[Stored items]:
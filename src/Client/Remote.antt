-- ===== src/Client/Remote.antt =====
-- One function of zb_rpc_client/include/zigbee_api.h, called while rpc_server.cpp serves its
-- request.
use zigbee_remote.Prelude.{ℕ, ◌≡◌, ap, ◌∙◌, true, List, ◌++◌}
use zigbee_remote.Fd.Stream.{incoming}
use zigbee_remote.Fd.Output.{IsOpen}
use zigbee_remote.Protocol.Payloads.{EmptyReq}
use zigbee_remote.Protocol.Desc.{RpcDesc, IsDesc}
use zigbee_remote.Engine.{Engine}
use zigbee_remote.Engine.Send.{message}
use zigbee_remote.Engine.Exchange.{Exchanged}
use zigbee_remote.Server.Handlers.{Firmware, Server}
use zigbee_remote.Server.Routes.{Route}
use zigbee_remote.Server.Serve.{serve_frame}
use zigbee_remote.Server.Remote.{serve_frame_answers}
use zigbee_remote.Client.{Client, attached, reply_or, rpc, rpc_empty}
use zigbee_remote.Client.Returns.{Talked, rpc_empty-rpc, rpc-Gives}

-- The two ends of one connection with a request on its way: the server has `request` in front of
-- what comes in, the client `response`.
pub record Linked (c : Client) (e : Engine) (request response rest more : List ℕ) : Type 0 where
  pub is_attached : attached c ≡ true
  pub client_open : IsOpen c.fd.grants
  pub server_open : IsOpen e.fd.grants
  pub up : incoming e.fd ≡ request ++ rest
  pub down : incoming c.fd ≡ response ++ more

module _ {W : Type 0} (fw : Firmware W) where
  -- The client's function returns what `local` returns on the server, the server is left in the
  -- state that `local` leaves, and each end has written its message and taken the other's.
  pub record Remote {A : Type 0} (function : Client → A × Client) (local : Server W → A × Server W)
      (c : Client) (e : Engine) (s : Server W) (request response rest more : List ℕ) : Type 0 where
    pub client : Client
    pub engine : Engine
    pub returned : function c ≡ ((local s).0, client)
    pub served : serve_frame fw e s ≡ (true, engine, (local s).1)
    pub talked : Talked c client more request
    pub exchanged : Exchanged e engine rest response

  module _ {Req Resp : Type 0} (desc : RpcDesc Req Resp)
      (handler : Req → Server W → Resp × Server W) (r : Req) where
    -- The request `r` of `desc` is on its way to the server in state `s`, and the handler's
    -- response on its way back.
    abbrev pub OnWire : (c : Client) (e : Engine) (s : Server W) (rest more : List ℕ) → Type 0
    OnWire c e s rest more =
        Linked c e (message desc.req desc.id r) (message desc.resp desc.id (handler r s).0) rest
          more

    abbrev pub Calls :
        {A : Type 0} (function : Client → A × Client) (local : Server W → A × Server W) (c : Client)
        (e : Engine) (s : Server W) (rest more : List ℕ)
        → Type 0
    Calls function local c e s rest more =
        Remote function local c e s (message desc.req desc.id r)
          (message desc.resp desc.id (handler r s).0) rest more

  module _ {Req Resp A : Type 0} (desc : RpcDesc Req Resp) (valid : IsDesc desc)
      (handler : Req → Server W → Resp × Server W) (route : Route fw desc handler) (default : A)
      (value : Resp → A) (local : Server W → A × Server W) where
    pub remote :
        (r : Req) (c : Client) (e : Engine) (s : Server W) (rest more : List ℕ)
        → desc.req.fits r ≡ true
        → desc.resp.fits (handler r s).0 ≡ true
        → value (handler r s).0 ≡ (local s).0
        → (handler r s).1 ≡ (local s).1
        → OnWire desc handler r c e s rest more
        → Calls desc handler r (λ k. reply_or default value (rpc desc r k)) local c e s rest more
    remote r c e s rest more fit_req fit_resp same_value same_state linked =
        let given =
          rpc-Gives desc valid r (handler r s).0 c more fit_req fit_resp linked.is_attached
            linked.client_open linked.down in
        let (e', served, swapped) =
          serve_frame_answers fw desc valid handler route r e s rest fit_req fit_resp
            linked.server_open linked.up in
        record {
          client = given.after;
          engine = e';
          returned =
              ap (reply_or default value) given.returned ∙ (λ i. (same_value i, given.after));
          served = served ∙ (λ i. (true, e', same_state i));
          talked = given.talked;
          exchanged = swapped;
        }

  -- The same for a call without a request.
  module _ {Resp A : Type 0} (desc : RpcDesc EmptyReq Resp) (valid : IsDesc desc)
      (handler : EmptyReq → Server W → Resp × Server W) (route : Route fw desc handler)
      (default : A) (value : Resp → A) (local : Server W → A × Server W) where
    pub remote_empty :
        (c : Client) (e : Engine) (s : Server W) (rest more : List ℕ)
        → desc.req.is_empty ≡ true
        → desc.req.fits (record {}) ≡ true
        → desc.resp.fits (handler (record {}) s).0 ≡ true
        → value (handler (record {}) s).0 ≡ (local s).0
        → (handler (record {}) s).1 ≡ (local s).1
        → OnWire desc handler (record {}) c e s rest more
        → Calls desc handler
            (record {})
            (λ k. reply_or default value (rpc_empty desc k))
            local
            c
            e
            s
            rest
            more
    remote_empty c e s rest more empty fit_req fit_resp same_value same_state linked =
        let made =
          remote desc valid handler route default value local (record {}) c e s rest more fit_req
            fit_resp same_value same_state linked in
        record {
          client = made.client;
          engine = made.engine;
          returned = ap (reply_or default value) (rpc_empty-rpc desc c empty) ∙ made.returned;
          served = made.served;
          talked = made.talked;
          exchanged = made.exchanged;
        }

==

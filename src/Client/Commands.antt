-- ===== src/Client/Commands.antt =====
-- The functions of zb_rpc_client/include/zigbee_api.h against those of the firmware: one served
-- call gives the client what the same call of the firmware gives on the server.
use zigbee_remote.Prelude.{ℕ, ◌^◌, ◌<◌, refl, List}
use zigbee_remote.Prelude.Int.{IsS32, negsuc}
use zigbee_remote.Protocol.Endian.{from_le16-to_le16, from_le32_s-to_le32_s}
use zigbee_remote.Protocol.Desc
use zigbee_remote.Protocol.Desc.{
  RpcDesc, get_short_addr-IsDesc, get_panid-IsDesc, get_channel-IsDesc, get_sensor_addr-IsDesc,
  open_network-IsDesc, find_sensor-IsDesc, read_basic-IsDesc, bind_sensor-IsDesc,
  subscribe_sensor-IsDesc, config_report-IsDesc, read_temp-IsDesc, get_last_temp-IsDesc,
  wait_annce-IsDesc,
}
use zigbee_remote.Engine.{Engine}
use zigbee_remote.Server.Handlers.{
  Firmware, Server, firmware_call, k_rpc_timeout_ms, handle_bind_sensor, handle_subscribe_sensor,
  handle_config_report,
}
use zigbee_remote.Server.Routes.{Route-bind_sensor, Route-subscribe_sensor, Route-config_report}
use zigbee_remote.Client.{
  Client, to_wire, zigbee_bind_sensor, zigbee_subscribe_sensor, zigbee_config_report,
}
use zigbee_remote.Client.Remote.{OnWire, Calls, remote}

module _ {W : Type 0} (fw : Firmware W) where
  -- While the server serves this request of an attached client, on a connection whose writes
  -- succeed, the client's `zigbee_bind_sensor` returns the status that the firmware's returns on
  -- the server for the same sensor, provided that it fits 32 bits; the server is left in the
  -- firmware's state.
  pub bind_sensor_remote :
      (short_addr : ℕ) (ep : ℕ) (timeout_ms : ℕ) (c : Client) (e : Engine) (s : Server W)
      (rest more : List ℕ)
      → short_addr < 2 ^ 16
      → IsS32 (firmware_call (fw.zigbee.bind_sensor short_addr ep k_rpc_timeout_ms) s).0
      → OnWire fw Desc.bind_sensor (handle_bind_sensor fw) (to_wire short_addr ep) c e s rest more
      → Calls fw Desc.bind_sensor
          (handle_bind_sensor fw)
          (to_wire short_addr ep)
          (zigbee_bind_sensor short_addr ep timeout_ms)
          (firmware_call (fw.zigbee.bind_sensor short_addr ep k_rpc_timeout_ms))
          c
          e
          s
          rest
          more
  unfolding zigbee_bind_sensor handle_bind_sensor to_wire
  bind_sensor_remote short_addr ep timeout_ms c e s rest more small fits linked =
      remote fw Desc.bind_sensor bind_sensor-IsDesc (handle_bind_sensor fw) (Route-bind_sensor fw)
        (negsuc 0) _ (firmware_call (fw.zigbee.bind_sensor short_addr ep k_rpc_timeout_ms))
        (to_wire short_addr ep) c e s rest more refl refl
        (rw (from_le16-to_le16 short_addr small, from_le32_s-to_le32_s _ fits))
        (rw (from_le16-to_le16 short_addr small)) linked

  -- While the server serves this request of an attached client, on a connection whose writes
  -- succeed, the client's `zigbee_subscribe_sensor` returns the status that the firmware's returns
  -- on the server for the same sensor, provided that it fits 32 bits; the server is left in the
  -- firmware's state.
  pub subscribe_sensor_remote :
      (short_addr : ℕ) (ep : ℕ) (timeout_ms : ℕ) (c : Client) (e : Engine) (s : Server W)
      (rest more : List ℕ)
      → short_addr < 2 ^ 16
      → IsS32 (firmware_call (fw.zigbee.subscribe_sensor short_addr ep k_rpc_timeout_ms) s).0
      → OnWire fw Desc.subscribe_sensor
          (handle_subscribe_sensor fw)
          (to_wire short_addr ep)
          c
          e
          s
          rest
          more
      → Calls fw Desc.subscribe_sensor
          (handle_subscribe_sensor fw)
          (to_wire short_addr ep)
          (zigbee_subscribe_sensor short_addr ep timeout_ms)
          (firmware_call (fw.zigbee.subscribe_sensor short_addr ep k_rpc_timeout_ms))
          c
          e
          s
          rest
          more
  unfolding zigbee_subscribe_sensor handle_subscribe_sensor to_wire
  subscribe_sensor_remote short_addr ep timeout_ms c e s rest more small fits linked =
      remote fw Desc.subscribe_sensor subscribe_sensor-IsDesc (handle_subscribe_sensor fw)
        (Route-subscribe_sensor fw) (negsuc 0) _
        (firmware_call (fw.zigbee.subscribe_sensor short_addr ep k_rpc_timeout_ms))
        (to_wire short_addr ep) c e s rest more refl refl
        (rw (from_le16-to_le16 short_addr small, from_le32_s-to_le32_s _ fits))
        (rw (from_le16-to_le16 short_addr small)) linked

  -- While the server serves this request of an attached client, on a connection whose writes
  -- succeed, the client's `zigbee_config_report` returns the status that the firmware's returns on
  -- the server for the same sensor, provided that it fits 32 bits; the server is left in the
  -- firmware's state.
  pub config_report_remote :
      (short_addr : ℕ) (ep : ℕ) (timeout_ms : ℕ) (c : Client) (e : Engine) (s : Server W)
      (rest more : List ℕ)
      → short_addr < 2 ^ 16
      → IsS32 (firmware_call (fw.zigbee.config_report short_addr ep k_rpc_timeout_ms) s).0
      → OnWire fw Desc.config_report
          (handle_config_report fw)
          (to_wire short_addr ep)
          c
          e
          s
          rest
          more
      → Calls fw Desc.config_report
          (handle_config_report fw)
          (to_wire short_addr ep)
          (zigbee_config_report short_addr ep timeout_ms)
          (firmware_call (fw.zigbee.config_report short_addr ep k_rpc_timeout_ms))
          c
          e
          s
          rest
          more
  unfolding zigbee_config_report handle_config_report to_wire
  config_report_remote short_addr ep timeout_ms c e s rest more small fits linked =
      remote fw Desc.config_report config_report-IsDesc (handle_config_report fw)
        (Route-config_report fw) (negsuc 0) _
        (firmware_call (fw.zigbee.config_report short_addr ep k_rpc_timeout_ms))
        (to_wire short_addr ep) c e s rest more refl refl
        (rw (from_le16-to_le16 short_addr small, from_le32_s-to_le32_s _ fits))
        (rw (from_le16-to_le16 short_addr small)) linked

---

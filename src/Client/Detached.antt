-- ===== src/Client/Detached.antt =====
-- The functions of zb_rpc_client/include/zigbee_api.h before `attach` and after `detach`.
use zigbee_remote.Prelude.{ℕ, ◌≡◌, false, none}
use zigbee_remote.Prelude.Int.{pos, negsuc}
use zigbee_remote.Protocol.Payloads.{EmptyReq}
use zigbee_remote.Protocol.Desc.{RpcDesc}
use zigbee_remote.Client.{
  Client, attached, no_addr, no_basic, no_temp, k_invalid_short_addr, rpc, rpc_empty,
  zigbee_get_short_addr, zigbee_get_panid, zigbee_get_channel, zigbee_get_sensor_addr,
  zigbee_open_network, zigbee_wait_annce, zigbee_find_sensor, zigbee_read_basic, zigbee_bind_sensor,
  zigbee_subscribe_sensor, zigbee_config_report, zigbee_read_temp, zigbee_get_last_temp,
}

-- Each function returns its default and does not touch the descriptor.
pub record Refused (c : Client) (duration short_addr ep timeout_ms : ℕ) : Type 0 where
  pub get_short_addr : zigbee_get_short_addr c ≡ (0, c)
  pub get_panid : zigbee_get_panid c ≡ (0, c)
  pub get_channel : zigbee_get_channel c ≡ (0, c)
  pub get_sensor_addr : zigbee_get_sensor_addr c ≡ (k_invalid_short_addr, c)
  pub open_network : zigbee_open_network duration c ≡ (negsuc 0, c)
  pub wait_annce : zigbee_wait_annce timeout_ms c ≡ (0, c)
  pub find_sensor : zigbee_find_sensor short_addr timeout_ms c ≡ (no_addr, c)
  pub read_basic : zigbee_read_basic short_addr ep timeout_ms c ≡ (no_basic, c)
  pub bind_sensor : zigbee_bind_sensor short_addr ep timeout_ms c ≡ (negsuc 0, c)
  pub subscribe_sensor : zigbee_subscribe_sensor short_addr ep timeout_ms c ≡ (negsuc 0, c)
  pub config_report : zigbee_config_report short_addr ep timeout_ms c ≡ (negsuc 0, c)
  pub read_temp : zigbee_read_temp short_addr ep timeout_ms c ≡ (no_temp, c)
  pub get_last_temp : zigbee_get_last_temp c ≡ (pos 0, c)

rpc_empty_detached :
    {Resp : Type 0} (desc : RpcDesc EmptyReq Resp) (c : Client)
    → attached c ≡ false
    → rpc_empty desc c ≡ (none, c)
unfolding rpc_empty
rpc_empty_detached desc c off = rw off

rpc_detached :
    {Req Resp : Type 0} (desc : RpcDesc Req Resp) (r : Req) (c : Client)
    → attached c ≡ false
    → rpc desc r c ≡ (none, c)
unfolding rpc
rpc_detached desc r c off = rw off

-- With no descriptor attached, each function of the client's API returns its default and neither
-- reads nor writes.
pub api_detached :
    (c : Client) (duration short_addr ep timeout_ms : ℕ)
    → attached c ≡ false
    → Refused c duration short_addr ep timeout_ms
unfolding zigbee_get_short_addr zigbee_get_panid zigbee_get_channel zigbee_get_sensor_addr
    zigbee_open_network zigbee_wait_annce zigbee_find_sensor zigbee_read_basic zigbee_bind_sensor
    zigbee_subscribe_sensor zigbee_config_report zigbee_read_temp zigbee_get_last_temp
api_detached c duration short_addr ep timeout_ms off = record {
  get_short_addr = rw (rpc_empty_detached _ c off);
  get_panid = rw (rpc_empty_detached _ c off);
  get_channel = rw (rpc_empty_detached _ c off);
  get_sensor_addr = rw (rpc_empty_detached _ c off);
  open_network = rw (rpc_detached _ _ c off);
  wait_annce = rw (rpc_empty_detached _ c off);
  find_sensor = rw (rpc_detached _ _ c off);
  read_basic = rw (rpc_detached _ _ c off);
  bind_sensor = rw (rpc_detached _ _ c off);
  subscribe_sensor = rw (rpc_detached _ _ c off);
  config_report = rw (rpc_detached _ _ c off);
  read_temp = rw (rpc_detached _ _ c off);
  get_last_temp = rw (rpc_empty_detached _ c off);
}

[Activity]:
The lines above from the one with "filename src/Client/Remote.antt" through the one with "-- The client's" are to be duplicated exactly, ends included, with nothing added.

[Task solution]:
filename src/Client/Remote.antt
-- ===== src/Client/Remote.antt =====
-- One function of zb_rpc_client/include/zigbee_api.h, called while rpc_server.cpp serves its
-- request.
use zigbee_remote.Prelude.{ℕ, ◌≡◌, ap, ◌∙◌, true, List, ◌++◌}
use zigbee_remote.Fd.Stream.{incoming}
use zigbee_remote.Fd.Output.{IsOpen}
use zigbee_remote.Protocol.Payloads.{EmptyReq}
use zigbee_remote.Protocol.Desc.{RpcDesc, IsDesc}
use zigbee_remote.Engine.{Engine}
use zigbee_remote.Engine.Send.{message}
use zigbee_remote.Engine.Exchange.{Exchanged}
use zigbee_remote.Server.Handlers.{Firmware, Server}
use zigbee_remote.Server.Routes.{Route}
use zigbee_remote.Server.Serve.{serve_frame}
use zigbee_remote.Server.Remote.{serve_frame_answers}
use zigbee_remote.Client.{Client, attached, reply_or, rpc, rpc_empty}
use zigbee_remote.Client.Returns.{Talked, rpc_empty-rpc, rpc-Gives}

-- The two ends of one connection with a request on its way: the server has `request` in front of
-- what comes in, the client `response`.
pub record Linked (c : Client) (e : Engine) (request response rest more : List ℕ) : Type 0 where
  pub is_attached : attached c ≡ true
  pub client_open : IsOpen c.fd.grants
  pub server_open : IsOpen e.fd.grants
  pub up : incoming e.fd ≡ request ++ rest
  pub down : incoming c.fd ≡ response ++ more

module _ {W : Type 0} (fw : Firmware W) where
  -- The client's function returns what `local` returns on the server, the server is left in the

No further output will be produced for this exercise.